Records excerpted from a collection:

####

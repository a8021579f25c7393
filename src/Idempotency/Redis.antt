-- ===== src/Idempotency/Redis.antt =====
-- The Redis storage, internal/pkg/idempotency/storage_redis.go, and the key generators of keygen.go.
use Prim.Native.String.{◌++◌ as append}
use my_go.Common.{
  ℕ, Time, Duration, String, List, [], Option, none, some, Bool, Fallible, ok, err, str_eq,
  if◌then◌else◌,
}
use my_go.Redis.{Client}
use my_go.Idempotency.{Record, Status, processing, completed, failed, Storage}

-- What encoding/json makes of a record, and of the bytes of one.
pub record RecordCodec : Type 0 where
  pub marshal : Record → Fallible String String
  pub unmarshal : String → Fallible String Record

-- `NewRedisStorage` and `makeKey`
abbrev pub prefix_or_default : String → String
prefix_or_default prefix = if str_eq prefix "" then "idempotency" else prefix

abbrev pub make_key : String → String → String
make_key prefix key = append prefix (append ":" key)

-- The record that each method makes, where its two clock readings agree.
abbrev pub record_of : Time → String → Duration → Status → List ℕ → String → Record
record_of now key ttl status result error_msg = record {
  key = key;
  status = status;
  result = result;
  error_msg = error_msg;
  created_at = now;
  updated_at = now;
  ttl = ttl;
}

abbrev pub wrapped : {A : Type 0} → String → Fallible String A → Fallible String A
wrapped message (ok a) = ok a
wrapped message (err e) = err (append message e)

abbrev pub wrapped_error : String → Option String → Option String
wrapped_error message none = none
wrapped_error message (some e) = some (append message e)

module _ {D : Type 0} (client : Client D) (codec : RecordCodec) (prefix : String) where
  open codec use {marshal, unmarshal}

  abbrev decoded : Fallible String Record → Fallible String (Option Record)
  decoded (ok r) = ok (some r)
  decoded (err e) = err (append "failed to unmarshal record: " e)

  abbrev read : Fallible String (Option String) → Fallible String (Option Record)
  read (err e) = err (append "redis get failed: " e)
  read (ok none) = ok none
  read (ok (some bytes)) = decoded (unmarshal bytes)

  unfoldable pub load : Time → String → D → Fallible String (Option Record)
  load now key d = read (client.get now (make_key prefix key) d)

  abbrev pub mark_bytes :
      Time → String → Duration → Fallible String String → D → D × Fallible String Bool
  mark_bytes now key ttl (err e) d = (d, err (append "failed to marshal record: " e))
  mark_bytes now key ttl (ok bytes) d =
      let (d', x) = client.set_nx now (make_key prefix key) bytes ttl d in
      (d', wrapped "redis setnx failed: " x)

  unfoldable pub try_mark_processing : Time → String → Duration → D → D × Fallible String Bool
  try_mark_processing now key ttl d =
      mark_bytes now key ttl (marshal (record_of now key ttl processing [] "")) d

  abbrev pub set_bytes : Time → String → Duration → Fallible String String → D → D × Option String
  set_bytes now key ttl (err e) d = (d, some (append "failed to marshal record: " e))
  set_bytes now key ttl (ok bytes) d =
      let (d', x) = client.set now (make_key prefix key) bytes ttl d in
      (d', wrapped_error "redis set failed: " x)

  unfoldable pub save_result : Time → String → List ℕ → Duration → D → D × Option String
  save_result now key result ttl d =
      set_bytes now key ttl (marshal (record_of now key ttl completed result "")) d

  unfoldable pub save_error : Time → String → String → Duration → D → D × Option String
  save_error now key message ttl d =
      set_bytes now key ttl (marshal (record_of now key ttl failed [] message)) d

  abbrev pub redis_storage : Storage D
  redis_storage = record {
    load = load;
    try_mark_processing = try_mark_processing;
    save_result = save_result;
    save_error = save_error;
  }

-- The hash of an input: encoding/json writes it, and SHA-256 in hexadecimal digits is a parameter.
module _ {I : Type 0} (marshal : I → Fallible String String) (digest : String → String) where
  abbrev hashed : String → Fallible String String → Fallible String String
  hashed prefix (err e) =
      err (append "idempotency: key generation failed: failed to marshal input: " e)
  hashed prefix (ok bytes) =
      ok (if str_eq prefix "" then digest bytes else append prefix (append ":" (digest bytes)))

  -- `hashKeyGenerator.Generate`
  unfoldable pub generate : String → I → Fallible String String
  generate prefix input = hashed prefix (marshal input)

####

▶ [What the exercise asks]: Give back the records above exactly, limited to the lines between the one holding "-- The record" and the one holding "decoded (err e)", inclusive.

▶ [Reply to the exercise]:
-- The record that each method makes, where its two clock readings agree.
abbrev pub record_of : Time → String → Duration → Status → List ℕ → String → Record
record_of now key ttl status result error_msg = record {
  key = key;
  status = status;
  result = result;
  error_msg = error_msg;
  created_at = now;
  updated_at = now;
  ttl = ttl;
}

abbrev pub wrapped : {A : Type 0} → String → Fallible String A → Fallible String A
wrapped message (ok a) = ok a
wrapped message (err e) = err (append message e)

abbrev pub wrapped_error : String → Option String → Option String
wrapped_error message none = none
wrapped_error message (some e) = some (append message e)

module _ {D : Type 0} (client : Client D) (codec : RecordCodec) (prefix : String) where
  open codec use {marshal, unmarshal}

  abbrev decoded : Fallible String Record → Fallible String (Option Record)
  decoded (ok r) = ok (some r)
  decoded (err e) = err (append "failed to unmarshal record: " e)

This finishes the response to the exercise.